What investors, banks and partners can learn from the GridParity case
The GridParity case provides a clear methodological lesson for anyone investing in or collaborating with solar companies: technological expertise and market niche alone are insufficient evaluation criteria. The ability to lead a team, accept advice, respond strategically, and be operationally reliable is at least as important as the product portfolio. Employer reviews, employee turnover in leadership positions, and the ability to close financing deals are more meaningful indicators of viability than a trade fair appearance at Intersolar.
For pvDach eK, this lesson represents a favorable starting point: The company inherits the technological legacy and trademark rights of a pioneer without inheriting its organizational burdens. It benefits from a market structure where direct competition has been thinned by the wave of industry insolvencies and positions itself in a segment that, despite general market pressure, offers a structurally healthy margin outlook. What GridParity lacked in terms of leadership culture and strategic agility is precisely what a well-managed mid-sized company like pvDach eK embodies every day.
The market rewards reliability: Structural perspective for pvDach eK.

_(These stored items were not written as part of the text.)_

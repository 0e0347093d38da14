-- ===== src/Tests/Security.antt =====
-- Rules that are registered, and the theorems about the library at them.
use mmt_security.Prelude.{
  ℕ, zero, suc, ◌+◌, ◌*◌, ap, sym, ◌≡◌, refl, some, List, [], ◌∷◌, arith, ok, Ensures, All,
  get_elem?, ◌≢◌,
}
use mmt_security.Rule.{Rule}
use mmt_security.Utils.Masks.Grammar.{all_numbers, write}
use mmt_security.Security.{
  filter_rules, get_unique_proto_atts, collect_rules, collect_atts, first_atts, to_proto_atts,
}
use mmt_security.Map.{map_init, set_data, set_node, map_iterate, node_iterate, to_update}
use mmt_security.Map.Order.{compare_uint64_t}
use mmt_security.Utils.Codes.{simple_hash_64}
use mmt_security.Security.Filtering.{Ignores, DistinctIds, filter_rules-write}
use mmt_security.Security.Collecting.{AttsInRange}
use mmt_security.Security.Numbering.{Numbers, get_unique_proto_atts-Numbers}
use mmt_security.Tests.Engine.{rule}
use mmt_security.Tests.Masks.{parts, parts-IsPart, parts-Distinct, few_parts}

-- Two rules with the ids 3 and 5.
abbrev pub two_rules : List Rule
two_rules = record rule { id = 3 } ∷ record rule { id = 5 } ∷ []

same_rule : {r s : Rule} → some r ≡ some s → r ≡ s
same_rule e = cc

id_at : (i : ℕ) (r : Rule) → get_elem? two_rules i ≡ some r → r.id ≡ 3 + 2 * i
id_at zero r e = ap (λ t. t.id) (sym (same_rule e))
id_at (suc zero) r e = ap (λ t. t.id) (sym (same_rule e))
id_at (suc (suc i)) r e = cc

two_rules-DistinctIds : DistinctIds two_rules
two_rules-DistinctIds i j r s p q e = omega (arith, id_at i r p, id_at j s q, e)

filter_rules-write_example :
    Ensures
      (filter_rules (write parts) two_rules)
      (Ignores (λ i. All (λ id. i ≢ id) (all_numbers parts)) two_rules)
filter_rules-write_example =
    filter_rules-write parts two_rules parts-IsPart parts-Distinct few_parts two_rules-DistinctIds

-- The attributes, in the order of their codes.
numbered : get_unique_proto_atts two_rules ≡ ok rule.proto_atts
unfolding get_unique_proto_atts collect_rules collect_atts first_atts to_proto_atts map_init
    set_data set_node map_iterate node_iterate to_update compare_uint64_t simple_hash_64
numbered = refl

in_range : AttsInRange rule
in_range = omega arith

get_unique_proto_atts-Numbers_example : Numbers two_rules (get_unique_proto_atts two_rules)
get_unique_proto_atts-Numbers_example =
    get_unique_proto_atts-Numbers two_rules (in_range, (in_range, tt))
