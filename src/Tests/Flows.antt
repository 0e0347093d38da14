-- ===== src/Tests/Flows.antt =====
-- Runs of the flow set and its parts, and the theorems about them at concrete inputs.
use mmt_security.Prelude.{
  ℕ, zero, suc, ◌+◌, ◌≡◌, refl, arith, some, List, [], ◌∷◌, true, false, get_elem?, ok, Ensures,
  ◌≢◌, inr,
}
use mmt_security.Flows.Bit.{bit_set, bit_clear, bit_check}
use mmt_security.Flows.Filter.{
  filter64_create, filter64_add, filter64_check, filter64_rm, filter32_create, filter32_add,
  filter32_check, filter32_rm,
}
use mmt_security.Flows.Filter.Members.{filter64_create-IsFilter, filter64_rm_hides}
use mmt_security.Flows.Ring.{
  Ring, ring_create, ring_enqueue, ring_dequeue, ring_is_full, ring_is_empty, ring_reset,
}
use mmt_security.Flows.Queue.{Holds, wrap}
use mmt_security.Flows.Table.{
  Table, slot, enoent, empty_value, set_add, set_check, set_create, set_empty_slot, probe,
  first_index, hash_element_value,
}
use mmt_security.Flows.Table.Probe.{IsTable}
use mmt_security.Flows.Table.Members.{Added, set_add-Added}
use mmt_security.Flows.FlowSet.{
  FlowSet, set_ex_create, set_ex_add, set_ex_check, take_oldest, remove_oldest, remember,
}
use mmt_security.Flows.FlowSet.Present.{IsFlowSet}
use mmt_security.Flows.FlowSet.Adding.{IsPresent, set_ex_add-IsPresent}

program : Unit {0}
unfolding bit_set bit_clear bit_check filter64_create filter64_add filter64_check filter64_rm
    filter32_create filter32_add filter32_check filter32_rm ring_create ring_enqueue ring_dequeue
    ring_is_full ring_is_empty ring_reset set_add set_check set_create set_empty_slot probe
    first_index hash_element_value set_ex_create set_ex_add set_ex_check take_oldest remove_oldest
    remember
program = tt

filter64_rm_hides_example : filter64_check (filter64_rm filter64_create 261) 5 ≡ false
filter64_rm_hides_example = filter64_rm_hides filter64_create 261 5 filter64_create-IsFilter refl

-- The flows 5 and 261 have their lowest byte in common: removing one hides the other.
lost_member :
    filter64_check (filter64_rm (filter64_add (filter64_add filter64_create 5) 261) 261) 5 ≡ false
unfolding program
lost_member = refl

abbrev two_of_three : Ring ℕ
two_of_three = record { head = 2; tail = 0; size = 4; buffer = 8 ∷ 9 ∷ 0 ∷ 0 ∷ [] }

two_of_three-Holds : Holds two_of_three (8 ∷ 9 ∷ [])
two_of_three-Holds = record {
  narrow = omega arith;
  tail_in = omega arith;
  width = refl;
  room = omega arith;
  head_at = refl;
  slots = slots;
}
  where
    slots :
        (k : ℕ) {a : ℕ}
        → get_elem? (8 ∷ 9 ∷ []) k ≡ some a
        → get_elem? two_of_three.buffer (wrap 4 (0 + k)) ≡ some a
    slots zero h = h
    slots (suc zero) h = h
    slots (suc (suc k)) h = cc

abbrev empty_table : Table
empty_table = record { size = 3; slots = empty_value ∷ empty_value ∷ empty_value ∷ [] }

empty_table-IsTable : IsTable empty_table
empty_table-IsTable = record { narrow = omega arith; filled = omega arith; width = refl }

set_add-Added_example :
    Ensures (set_add empty_table 5) (λ r. (i : ℕ) × (r.0 ≡ slot i) × Added empty_table 5 r.1 i)
set_add-Added_example =
    set_add-Added empty_table 5 empty_table-IsTable (omega arith) 0 (omega arith) refl

-- The number 5 starts at the slot 2, and so does 7, which goes on to the slot 0.
abbrev with_five : Table
with_five = record { size = 3; slots = empty_value ∷ empty_value ∷ 5 ∷ [] }

abbrev with_both : Table
with_both = record { size = 3; slots = 7 ∷ empty_value ∷ 5 ∷ [] }

Added-seven : Added with_five 7 with_both 0
unfolding program
Added-seven = record {
  index_in = omega arith;
  here = refl;
  table = record { narrow = omega arith; filled = omega arith; width = refl };
  same_size = refl;
  others = inr (refl, refl);
  checked = refl;
}

five_there : set_check with_five 5 ≡ ok (slot 2)
unfolding program
five_there = refl

-- Emptying the slot of 5 hides 7, which stands behind it.
hidden_behind :
    set_check (record { size = 3; slots = 7 ∷ empty_value ∷ empty_value ∷ [] }) 7 ≡ ok enoent
unfolding program
hidden_behind = refl

abbrev ring_memory : List ℕ
ring_memory = 0 ∷ 0 ∷ 0 ∷ []

-- A flow set that was just created.
abbrev pub fresh : FlowSet
fresh = record {
  set = record { size = 3; slots = empty_value ∷ empty_value ∷ empty_value ∷ [] };
  ring = record { head = 0; tail = 0; size = 3; buffer = 0 ∷ 0 ∷ 0 ∷ [] };
  filter = filter64_create;
}

pub fresh-IsFlowSet : IsFlowSet fresh []
fresh-IsFlowSet = record {
  table = record { narrow = omega arith; filled = omega arith; width = refl };
  ring = record {
    narrow = omega arith;
    tail_in = omega arith;
    width = refl;
    room = omega arith;
    head_at = refl;
    slots = λ k h. cc;
  };
  same_size = refl;
  several = omega arith;
  indices = tt;
  kept = kept;
  filter = filter64_create-IsFilter;
}
  where
    kept :
        (i : ℕ) {e : ℕ}
        → get_elem? fresh.set.slots i ≡ some e
        → e ≢ empty_value
        → (k : ℕ) × (get_elem? [] k ≡ some i)
    kept zero h ne = absurd (ne (cc))
    kept (suc zero) h ne = absurd (ne (cc))
    kept (suc (suc zero)) h ne = absurd (ne (cc))
    kept (suc (suc (suc i))) h ne = cc

set_ex_add-IsPresent_example : Ensures (set_ex_add fresh 5) (λ r. (r.0 ≡ true) × IsPresent 5 r.1)
set_ex_add-IsPresent_example = set_ex_add-IsPresent fresh [] 5 fresh-IsFlowSet (omega arith)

The structural framework for specialized solar providers in the niche segment is better in 2026 than the general sentiment in the industry suggests. First, the market consolidation of 2024 and 2025 eliminated direct competitors without disrupting the demand structure. Second, module prices are normalizing after Chinese manufacturers reduced their overstock – which, with stable or rising end-customer prices, does not create margin pressure for specialists. Third, the mandatory installation of solar panels on commercial parking lots strengthens the structural demand for precisely the product that pvDach eK offers.
The regulatory risks remain real: The draft of the Renewable Energy Sources Act (EEG) foresees significant cutbacks for the private small-roof segment from 2027 onwards. However, pvDach eK is structurally less exposed than pure end-customer providers due to its consistent focus on the commercial market and the strengthening of B2B customer relationships. A company that builds PV terraces for homeowners, plans large carports for commercial properties, and serves industrial customers with certified specialized solutions has a diversified demand base that can absorb regulatory cutbacks in individual segments.
The business model of pvDach eK thus answers not only the question of how to capitalize on GridParity's insolvency. It answers the more fundamental question of how a company can operate profitably and stably in the German solar market in 2026: with focused niche expertise, a lean production structure, reliable project execution, and a customer strategy that is structurally independent of the feed-in tariff debate. This is precisely the lesson that GridParity never learned – and that pvDach eK is now putting into practice.